Two slash-command workflows in `.claude/skills/`, available automatically in this repo:

| Skill | What it does |
|-------|-------------|
| `/eval` | Score traces or compare sessions against a golden reference |
| `/inspect` | Turn-by-turn narrative of a live session with anomaly detection |

## Docs

| Guide | Description |
|-------|-------------|
| [Eval Set Format](docs/eval-set-format.md) | Schema, field reference, and examples for golden eval set JSON files |
| [Custom Evaluators](docs/custom-evaluators.md) | Write your own scoring logic in Python, JavaScript, or any language |
| [Live Streaming](docs/streaming.md) | Real-time trace streaming, dev server setup, and session management |
| [OpenTelemetry Compatibility](docs/otel-compatibility.md) | Supported OTel conventions, message delivery mechanisms, and OTLP receiver |

## Development

```bash
uv run pytest                      # run tests
uv run agentevals serve --dev      # backend
cd ui && npm run dev               # frontend (separate terminal)
```

See [DEVELOPMENT.md](DEVELOPMENT.md) for build tiers, Makefile targets, and Nix setup. To contribute, see [CONTRIBUTING.md](CONTRIBUTING.md).

## FAQ

**How does this compare to ADK's evaluations?**
Unlike ADK's LocalEvalService, which couples agent execution with evaluation, agentevals only handles scoring: it takes pre-recorded traces and compares them against expected behavior using metrics like tool trajectory matching, response quality, and LLM-based judgments.

However, if you're iterating on your agents locally, you can point your agents to agentevals and you will see rich runtime information in your browser. For more details, use the bundled wheel and explore the Local Development option in the UI.
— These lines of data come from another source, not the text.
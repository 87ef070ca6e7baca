-- ===== src/Syntax/Code.antt =====
-- To run the parser, open `parser_code`: its line names all that `parse` calls.
use bbtidy.Text.{
  strip_suffix, strip_prefix, starts_with_whitespace, trim_start_matches, trim_start, trim_end,
  text_eq, rfind, find_byte, count_byte, is_ascii_whitespace,
}
use bbtidy.Text.Scan.{scan}
use bbtidy.Scanner.Lines.{
  next_line_end, split_line_ending, is_blank_line, has_line_continuation, find_continuation_end,
}
use bbtidy.Scanner.Quotes.{has_balanced_quotes}
use bbtidy.Scanner.Operators.{find_assignment_operator}
use bbtidy.Scanner.Names.{split_export, is_assignment_left_hand_side}
use bbtidy.Scanner.Braces.{find_brace_block_end}
use bbtidy.Scanner.Python.{python_def_header, find_python_def_end}
use bbtidy.Scanner.Functions.{function_opening_brace, code_part, split_signature}
use bbtidy.Syntax.Statement.{
  text_without_final_line_ending, assignment_node, parse_assignment, find_keyword, parse_directive,
  directive_kind, statement_kind, classify_statement,
}
use bbtidy.Syntax.Definitions.{
  ascii_words, function_name, function_kind, name_range_of, parse_function, name_length,
  parse_python_definition,
}
use bbtidy.Syntax.Parse.{
  function_node, python_node, statement_end, statement_node, node_at, after_node, parse_step, parse,
}

unfoldable pub parser_code : Unit {0}
unfolding strip_suffix strip_prefix starts_with_whitespace trim_start_matches trim_start trim_end
    text_eq rfind find_byte count_byte is_ascii_whitespace scan next_line_end split_line_ending
    is_blank_line has_line_continuation find_continuation_end has_balanced_quotes
    find_assignment_operator split_export is_assignment_left_hand_side find_brace_block_end
    python_def_header find_python_def_end function_opening_brace code_part split_signature
    text_without_final_line_ending assignment_node parse_assignment find_keyword parse_directive
    directive_kind statement_kind classify_statement ascii_words function_name function_kind
    name_range_of parse_function name_length parse_python_definition function_node python_node
    statement_end statement_node node_at after_node parse_step parse
parser_code = tt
**How does this compare to Bedrock AgentCore's evaluation?**
AgentCore's evaluation integration (via `strands-agents-evals`) also couples agent execution with evaluation. It re-invokes the agent for each test case, converts the resulting OTel spans to AWS's ADOT format, and scores them against 4 built-in evaluators (Helpfulness, Accuracy, Harmfulness, Relevance) via a cloud API call. This means you need an AWS account, valid credentials, and network access for every evaluation.
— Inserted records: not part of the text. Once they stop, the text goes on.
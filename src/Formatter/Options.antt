-- ===== src/Formatter/Options.antt =====
-- src/formatter.rs: the formatting options, and lines of a text.
use bbtidy.Base.{
  all, ℕ, ◌+◌, Option, none, some, Bool, ◌||◌, List, [], ◌∷◌, ◌==◌, if◌then◌else◌, is_empty,
}
use bbtidy.Text.{Text, text_eq, starts_with_whitespace}
use bbtidy.Scanner.Lines.{split_line_ending}

pub data MetadataListLayout : Type 0 where
  preserve one_per_line : MetadataListLayout

pub record FormatOptions : Type 0 where
  pub max_top_level_blank_lines : ℕ
  pub metadata_list_layout : MetadataListLayout

-- `FormatOptions::default`
abbrev pub default_options : FormatOptions
default_options = record { max_top_level_blank_lines = 1; metadata_list_layout = preserve }

abbrev first_of_line : ℕ → List Text → List Text
first_of_line c [] = (c ∷ []) ∷ []
first_of_line c (l ∷ ls) = (c ∷ l) ∷ ls

-- `s.split_inclusive('\n')`
unfoldable pub split_inclusive : Text → List Text
split_inclusive [] = []
split_inclusive (c ∷ cs) =
    let rest = split_inclusive cs in if c == b'\n' then (c ∷ []) ∷ rest else first_of_line c rest

-- The line endings of the lines that have one.
unfoldable pub line_endings : List Text → List Text
line_endings [] = []
line_endings (l ∷ ls) =
    let rest = line_endings ls in
    if is_empty (split_line_ending l).1 then rest else (split_line_ending l).1 ∷ rest

-- The first ending, if the others are the same.
unfoldable pub agreed : List Text → Option Text
agreed [] = none
agreed (e ∷ es) = if all (text_eq e) es then some e else none

unfoldable pub consistent_line_ending : Text → Option Text
consistent_line_ending s = agreed (line_endings (split_inclusive s))

-- `s.chars().any(char::is_whitespace)`
unfoldable pub has_whitespace : Text → Bool
has_whitespace [] = starts_with_whitespace []
has_whitespace (c ∷ cs) = starts_with_whitespace (c ∷ cs) || has_whitespace cs

-- A loop over numbered lines that may give up.
unfoldable pub fold_lines {ℓ} :
    {S : Type ℓ} → (ℕ → Text → S → Option S) → ℕ → List Text → S → Option S
fold_lines step number [] s = some s
fold_lines step number (l ∷ ls) s = elim (step number l s) [
  | none ↦ none
  | some s' ↦ fold_lines step (number + 1) ls s'
]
agentevals takes a different approach: it scores pre-recorded traces locally without re-running anything. It works with standard Jaeger JSON and OTLP formats from any framework, supports open-ended metrics (tool trajectory matching, LLM-based judges, custom scorers), and ships with a CLI, web UI, and MCP server. No cloud dependency required, though we do include all ADK's GCP-based evals as of now.